Dataset entries
******

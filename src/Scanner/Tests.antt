-- ===== src/Scanner/Tests.antt =====
-- The theorems on scans at a chain of three blocks.
use account_service.Common.{
  ◌<>◌, ℕ, ◌+◌, ◌≤◌, ◌≡◌, refl, ◌⊎◌, true, false, some, [], ◌∷◌, ◌<>◌, nat_eq, ℕ_discrete, leb,
  if◌then◌else◌, arith,
}
use account_service.Js.{Throwable, Outcome, resolved, rejected, end_of_chain_error}
use account_service.Js.Action.{pure, gets, lift}
use account_service.Decimal.{to_string}
use account_service.Scanner.{
  BlockHash, Methods, Scanner, returned, threw, scan_block, scan_loop, scan_body, scan,
  ScanParameters, base_check_scan_parameters, has_nonzero_byte, scan_start, run_loop, exit_outcome,
  caught,
}
use account_service.Scanner.Loop.{Follows, scan_loop-ends, base_check_scan_parameters-state}
use account_service.Scanner.Scan.{is_quiet, scan_cases, KeepsSeen, Recorded, scan_loop-seen}
use account_service.Scanner.Overlap.{Reaches, idle, scans_overlap, scanning}

-- The blocks up to 3 have a hash.
abbrev hash_of : ℕ → BlockHash
hash_of k =
    if leb k 3
    then record { bytes = k ∷ 7 ∷ []; is_empty = false }
    else record { bytes = 0 ∷ 0 ∷ []; is_empty = true }

abbrev parameters : ScanParameters
parameters = record { only_finalized = some true }

-- The state is the number of the last block that was recorded; block 3 is the latest finalized one.
abbrev counting : Methods ℕ
counting = record {
  check_initial_scan_parameters = pure tt;
  check_scan_parameters = base_check_scan_parameters parameters (lift (resolved 3));
  process_current_block = λ hash number. pure tt;
  get_last_seen_block_number = gets (λ w. w);
  set_last_seen_block_number = λ n w. (resolved tt, n);
  get_block_hash = λ n. lift (resolved (hash_of n));
}

abbrev end_of_blocks : Throwable
end_of_blocks = end_of_chain_error "Empty block hash encountered; end of chain at block 4"

loop_ends_at_4 : scan_loop counting 5 1 (hash_of 1) 0 ≡ some (end_of_blocks, 3)
unfolding scan_loop scan_block base_check_scan_parameters ℕ_discrete to_string
loop_ends_at_4 = refl

answered : (a b : BlockHash) → resolved a ≡ resolved b → a ≡ b
answered a b e = cc

after_3 : (k : ℕ) → 4 ≤ k → leb k 3 ≡ false
after_3 k late = ground arith

late_block :
    (k : ℕ) (h : BlockHash) (w : ℕ)
    → 4 ≤ k
    → hash_of k ≡ h
    → (e : Throwable) × ((counting.check_scan_parameters k h w).0 ≡ rejected e)
unfolding base_check_scan_parameters
late_block k h w late e = rw⁻¹ e (
    rw (after_3 k late, base_check_scan_parameters)
      (
        end_of_chain_error ("Empty block hash encountered; end of chain at block " <> to_string k),
        refl,
      ))

scan_loop-ends_example : (out : Throwable × ℕ) × (scan_loop counting 4 1 (hash_of 1) 0 ≡ some out)
scan_loop-ends_example =
    scan_loop-ends counting (λ k h. hash_of k ≡ h) 4 (λ k h w e. answered (hash_of k) h e)
      late_block 4 1 (hash_of 1) 0 refl (omega arith) (omega arith)

counting-KeepsSeen : KeepsSeen counting (λ w. w)
counting-KeepsSeen = record {
  check = λ n h w. base_check_scan_parameters-state parameters (resolved 3) n h w;
  process = λ n h w. refl;
  record_done = λ n w e. refl;
  record_failed = λ n w t e. cc;
  hash = λ n w. refl;
}

scan_loop-seen_example :
    (k : ℕ) × (h : BlockHash) × (w : ℕ) × Follows counting 1 (hash_of 1) 0 k h w
    × (w + 1 ≡ k)
    × ((3 + 1 ≡ k) ⊎ Recorded counting (λ w. w) counting-KeepsSeen k h w 3)
scan_loop-seen_example =
    scan_loop-seen counting (λ w. w) counting-KeepsSeen 5 1 (hash_of 1) 0 3 end_of_blocks refl
      loop_ends_at_4

abbrev scanner_at : ℕ → Scanner ℕ
scanner_at n = record { scan_in_progress = false; world = n }

scan_ends_at_4 : scan counting 5 (scanner_at 0) ≡ some (resolved tt, scanner_at 3)
unfolding scan scan_body scan_start run_loop exit_outcome caught has_nonzero_byte scan_loop
    scan_block base_check_scan_parameters ℕ_discrete to_string
scan_ends_at_4 = refl

scan_cases_example :
    ((false ≡ true)
      × (◌≡◌ {A = Outcome (Unit {0})} (resolved tt) (resolved tt))
      × (scanner_at 3 ≡ scanner_at 0))
    ⊎ ((false ≡ false)
        × (false ≡ false)
        × (((◌≡◌ {A = Outcome (Unit {0})} (resolved tt) (resolved tt))
              × (scan_body counting 5 0 ≡ some (returned, 3)))
            ⊎ ((e : Throwable) × (scan_body counting 5 0 ≡ some (threw e, 3))
                × (◌≡◌ {A = Outcome (Unit {0})}
                    (resolved tt)
                    (if is_quiet e then resolved tt else rejected e)))))
scan_cases_example =
    scan_cases counting 5 (scanner_at 0) (scanner_at 3) (resolved tt) scan_ends_at_4

scans_overlap_example :
    Reaches idle (record { scan_in_progress = false; running = scanning ∷ scanning ∷ [] })
scans_overlap_example = scans_overlap 2
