-- ===== src/Startup.antt =====
-- The timers of apps/worker/src/main.ts and apps/api/src/main.ts, with redisEventsToEventEmitter of
-- libs/common/src/utils/redis.ts: a process ends when Redis stays away.
pub mod Outage
mod Tests
use account_service.Common.{
  ℕ, ◌-◌, Bool, true, false, Option, none, some, List, [], ◌∷◌, leb, if◌then◌else◌,
}

abbrev pub redis_timeout_ms : ℕ
redis_timeout_ms = 30000

-- The two processes.
pub data Main : Type 0 where
  api worker : Main

-- What the client of Redis emits, and the milliseconds that pass.
pub data Signal : Type 0 where
  ready close redis_error : Signal
  elapse : ℕ → Signal

pub record Process : Type 0 where
  -- `redisConnectTimeout`: the milliseconds that are left, `none` for null
  pub redis_connect_timeout : Option ℕ
  -- of libs/common/src/utils/redis.ts
  pub redis_ready : Bool
  -- the listeners of the event emitter are registered
  pub listening : Bool
  pub exited : Bool

-- `bootstrap`, up to the call that creates the application.
abbrev pub start : Process
start = record {
  redis_connect_timeout = some redis_timeout_ms;
  redis_ready = false;
  listening = false;
  exited = false;
}

-- The two listeners of `bootstrap`.
on_redis_ready : Process → Process
on_redis_ready p = if p.listening then record p { redis_connect_timeout = none } else p

on_redis_close : Process → Process
on_redis_close p = elim p.redis_connect_timeout [
  | none ↦ if p.listening then record p { redis_connect_timeout = some redis_timeout_ms } else p
  | some left ↦ p
]

-- The timer of Node: `process.exit(1)` when its time has come.
pass : ℕ → Process → Process
pass ms p = elim p.redis_connect_timeout [
  | none ↦ p
  | some left ↦
      if leb left ms
      then record p { exited = true }
      else record p { redis_connect_timeout = some (left - ms) }
]

signal : Signal → Process → Process
unfolding on_redis_ready on_redis_close pass
signal ready p = on_redis_ready (record p { redis_ready = true })
signal close p = on_redis_close p
signal redis_error p = p
signal (elapse ms) p = pass ms p

-- Nothing happens in a process that has ended.
pub run : List Signal → Process → Process
unfolding signal
run [] p = p
run (s ∷ signals) p = if p.exited then p else run signals (signal s p)

-- `bootstrap`, when the application is created: the worker looks whether Redis was ready already.
pub created_api : Process → Process
created_api p = record p { listening = true }

pub created_worker : Process → Process
created_worker p =
    if p.redis_ready
    then record p { redis_connect_timeout = none; listening = true }
    else record p { listening = true }

pub created : Main → Process → Process
unfolding created_api created_worker
created api p = created_api p
created worker p = created_worker p

-- A process, by what happens before the application is created and after it.
unfoldable pub life : Main → List Signal → List Signal → Process
unfolding run created
life main before after = run after (created main (run before start))
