-- ===== src/Startup/Outage.antt =====
-- When a process ends, told from what Redis did.
use account_service.Common.{
  ℕ, ◌+◌, ◌-◌, ◌<◌, ◌≤◌, ◌≡◌, refl, ◌∙◌, inl, inr, Bool, true, false, ◌||◌, ◌&&◌, Option, none,
  some, List, [], ◌∷◌, leb, if◌then◌else◌, arith, Bool-cases,
}
use account_service.Startup.{
  redis_timeout_ms, Main, api, worker, Signal, ready, close, redis_error, elapse, Process, start,
  signal, on_redis_ready, on_redis_close, pass, run, created, life,
}

-- The milliseconds until Redis is ready, or of the whole list if it never is.
abbrev pub away_for : List Signal → ℕ
away_for [] = 0
away_for (ready ∷ signals) = 0
away_for (close ∷ signals) = away_for signals
away_for (redis_error ∷ signals) = away_for signals
away_for (elapse ms ∷ signals) = ms + away_for signals

-- Redis closes a connection and is not ready again for 30 seconds.
abbrev pub has_outage : List Signal → Bool
has_outage [] = false
has_outage (close ∷ signals) = leb redis_timeout_ms (away_for signals) || has_outage signals
has_outage (ready ∷ signals) = has_outage signals
has_outage (redis_error ∷ signals) = has_outage signals
has_outage (elapse ms ∷ signals) = has_outage signals

abbrev pub total : List Signal → ℕ
total [] = 0
total (elapse ms ∷ signals) = ms + total signals
total (ready ∷ signals) = total signals
total (close ∷ signals) = total signals
total (redis_error ∷ signals) = total signals

abbrev pub was_ready : List Signal → Bool
was_ready [] = false
was_ready (ready ∷ signals) = true
was_ready (close ∷ signals) = was_ready signals
was_ready (redis_error ∷ signals) = was_ready signals
was_ready (elapse ms ∷ signals) = was_ready signals

abbrev process_of : Option ℕ → Bool → Bool → Bool → Process
process_of timer is_ready is_listening has_exited = record {
  redis_connect_timeout = timer;
  redis_ready = is_ready;
  listening = is_listening;
  exited = has_exited;
}

run_exited :
    (signals : List Signal) (timer : Option ℕ) (is_ready is_listening : Bool)
    → run signals (process_of timer is_ready is_listening true)
      ≡ process_of timer is_ready is_listening true
unfolding run
run_exited [] timer is_ready is_listening = refl
run_exited (s ∷ signals) timer is_ready is_listening = refl

abbrev ends : Option ℕ → List Signal → Bool
ends none signals = has_outage signals
ends (some left) signals = leb left (away_for signals) || has_outage signals

abbrev IsRunning : Option ℕ → Type 0
IsRunning none = Unit
IsRunning (some left) = (0 < left) × (left ≤ redis_timeout_ms)

leb-false : (left ms : ℕ) → leb left ms ≡ false → 0 < left - ms
leb-false left ms e = ground arith

listening-run :
    (signals : List Signal) (timer : Option ℕ) (is_ready : Bool)
    → IsRunning timer
    → (run signals (process_of timer is_ready true false)).exited ≡ ends timer signals
unfolding run signal on_redis_ready on_redis_close pass
listening-run [] none is_ready h = refl
listening-run [] (some left) is_ready h = ground arith
listening-run (ready ∷ signals) none is_ready h = listening-run signals none true tt
listening-run (ready ∷ signals) (some left) is_ready h =
    ground (arith, listening-run signals none true tt)
listening-run (close ∷ signals) none is_ready h =
    listening-run signals (some redis_timeout_ms) is_ready (omega arith, omega arith)
listening-run (close ∷ signals) (some left) is_ready h =
    ground (arith, listening-run signals (some left) is_ready h)
listening-run (redis_error ∷ signals) none is_ready h = listening-run signals none is_ready h
listening-run (redis_error ∷ signals) (some left) is_ready h =
    listening-run signals (some left) is_ready h
listening-run (elapse ms ∷ signals) none is_ready h = listening-run signals none is_ready h
listening-run (elapse ms ∷ signals) (some left) is_ready h = elim (Bool-cases (leb left ms)) [
  | inl over ↦ ground (arith, run_exited signals (some left) is_ready true)
  | inr more ↦ ground (
    arith,
    listening-run signals (some (left - ms)) is_ready (leb-false left ms more, omega arith),
  )
]

-- Before the application is created only the time counts, and that Redis was ready is noted.
before_exits :
    (signals : List Signal) (left : ℕ) (is_ready : Bool)
    → 0 < left
    → leb left (total signals) ≡ true
    → (run signals (process_of (some left) is_ready false false)).exited ≡ true
unfolding run signal on_redis_ready on_redis_close pass
before_exits [] left is_ready h over = ground arith
before_exits (ready ∷ signals) left is_ready h over = before_exits signals left true h over
before_exits (close ∷ signals) left is_ready h over = before_exits signals left is_ready h over
before_exits (redis_error ∷ signals) left is_ready h over =
    before_exits signals left is_ready h over
before_exits (elapse ms ∷ signals) left is_ready h over = elim (Bool-cases (leb left ms)) [
  | inl now ↦ ground (arith, run_exited signals (some left) is_ready false)
  | inr later ↦ ground (arith, before_exits signals (left - ms) is_ready)
]

before_runs :
    (signals : List Signal) (left : ℕ) (is_ready : Bool)
    → leb left (total signals) ≡ false
    → run signals (process_of (some left) is_ready false false)
      ≡ process_of (some (left - total signals)) (is_ready || was_ready signals) false false
unfolding run signal on_redis_ready on_redis_close pass
before_runs [] left is_ready more = ground arith
before_runs (ready ∷ signals) left is_ready more =
    ground (arith, before_runs signals left true more)
before_runs (close ∷ signals) left is_ready more = before_runs signals left is_ready more
before_runs (redis_error ∷ signals) left is_ready more = before_runs signals left is_ready more
before_runs (elapse ms ∷ signals) left is_ready more = elim (Bool-cases (leb left ms)) [
  | inl now ↦ ground arith
  | inr later ↦ ground (arith, before_runs signals (left - ms) is_ready)
]

run_exited-stays :
    (signals : List Signal) (p : Process) → p.exited ≡ true → (run signals p).exited ≡ true
unfolding run
run_exited-stays [] p e = e
run_exited-stays (s ∷ signals) p e = ground arith

created-exited : (main : Main) (p : Process) → (created main p).exited ≡ p.exited
unfolding created
created-exited api p = refl
created-exited worker p = ground arith

-- The worker looks whether Redis was ready before its listeners stand; the API does not.
abbrev looks : Main → Bool
looks api = false
looks worker = true

-- What ends a process, from what Redis did.
abbrev pub ends_process : Main → List Signal → List Signal → Bool
ends_process main before after =
    leb redis_timeout_ms (total before)
    || (if looks main && was_ready before
        then has_outage after
        else leb redis_timeout_ms (total before + away_for after) || has_outage after)

created-ends :
    (main : Main) (after : List Signal) (spent : ℕ) (is_ready : Bool)
    → spent < redis_timeout_ms
    → (run after
        (created main (process_of (some (redis_timeout_ms - spent)) is_ready false false))).exited
      ≡ (if looks main && is_ready
          then has_outage after
          else leb redis_timeout_ms (spent + away_for after) || has_outage after)
unfolding created
created-ends api after spent is_ready h = ground (
  arith,
  listening-run after (some (redis_timeout_ms - spent)) is_ready (omega arith, omega arith),
)
created-ends worker after spent is_ready h = ground (
  arith,
  listening-run after none is_ready tt,
  listening-run after (some (redis_timeout_ms - spent)) is_ready (omega arith, omega arith),
)

-- A process ends if, and only if, 30 seconds pass before its application is created, or Redis is
-- away for 30 seconds after it closed a connection that the listeners saw, or it is not ready within
-- 30 seconds of the start; but the worker counts a Redis that was ready before the listeners stood as
-- ready, and the API does not.
pub life-ends_process :
    (main : Main) (before after : List Signal)
    → (life main before after).exited ≡ ends_process main before after
unfolding life
life-ends_process main before after = elim (Bool-cases (leb redis_timeout_ms (total before))) [
  | inl over ↦
      let ended = before_exits before redis_timeout_ms false (omega arith) over in
      rw over (
        run_exited-stays after (created main (run before start))
          (created-exited main (run before start) ∙ ended))
  | inr more ↦
      rw (more, before_runs before redis_timeout_ms false more)
        (created-ends main after (total before) (was_ready before)
          (omega (arith, leb-false redis_timeout_ms (total before) more)))
]

-- Where the one signal before the listeners of a process stand is that Redis is ready, and no
-- connection is closed for 30 seconds afterwards: the worker goes on, but the API ends if no further
-- ready event comes within 30 seconds; and where a close is the second of two such signals, the worker
-- does not end either, however long Redis stays away.
pub life-ready_early :
    (after : List Signal)
    → has_outage after ≡ false
    → ((life worker (ready ∷ []) after).exited ≡ false)
      × ((life api (ready ∷ []) after).exited ≡ leb redis_timeout_ms (away_for after))
      × ((life worker (ready ∷ close ∷ []) after).exited ≡ false)
life-ready_early after e = (
  life-ends_process worker (ready ∷ []) after ∙ e,
  life-ends_process api (ready ∷ []) after ∙ ground arith,
  life-ends_process worker (ready ∷ close ∷ []) after ∙ e,
)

******

Working down from the line that contains "after ≡ false", retype each line exactly through the last line of the data, and give nothing else.

Reply:
    → has_outage after ≡ false
    → ((life worker (ready ∷ []) after).exited ≡ false)
      × ((life api (ready ∷ []) after).exited ≡ leb redis_timeout_ms (away_for after))
      × ((life worker (ready ∷ close ∷ []) after).exited ≡ false)
life-ready_early after e = (
  life-ends_process worker (ready ∷ []) after ∙ e,
  life-ends_process api (ready ∷ []) after ∙ ground arith,
  life-ends_process worker (ready ∷ close ∷ []) after ∙ e,
)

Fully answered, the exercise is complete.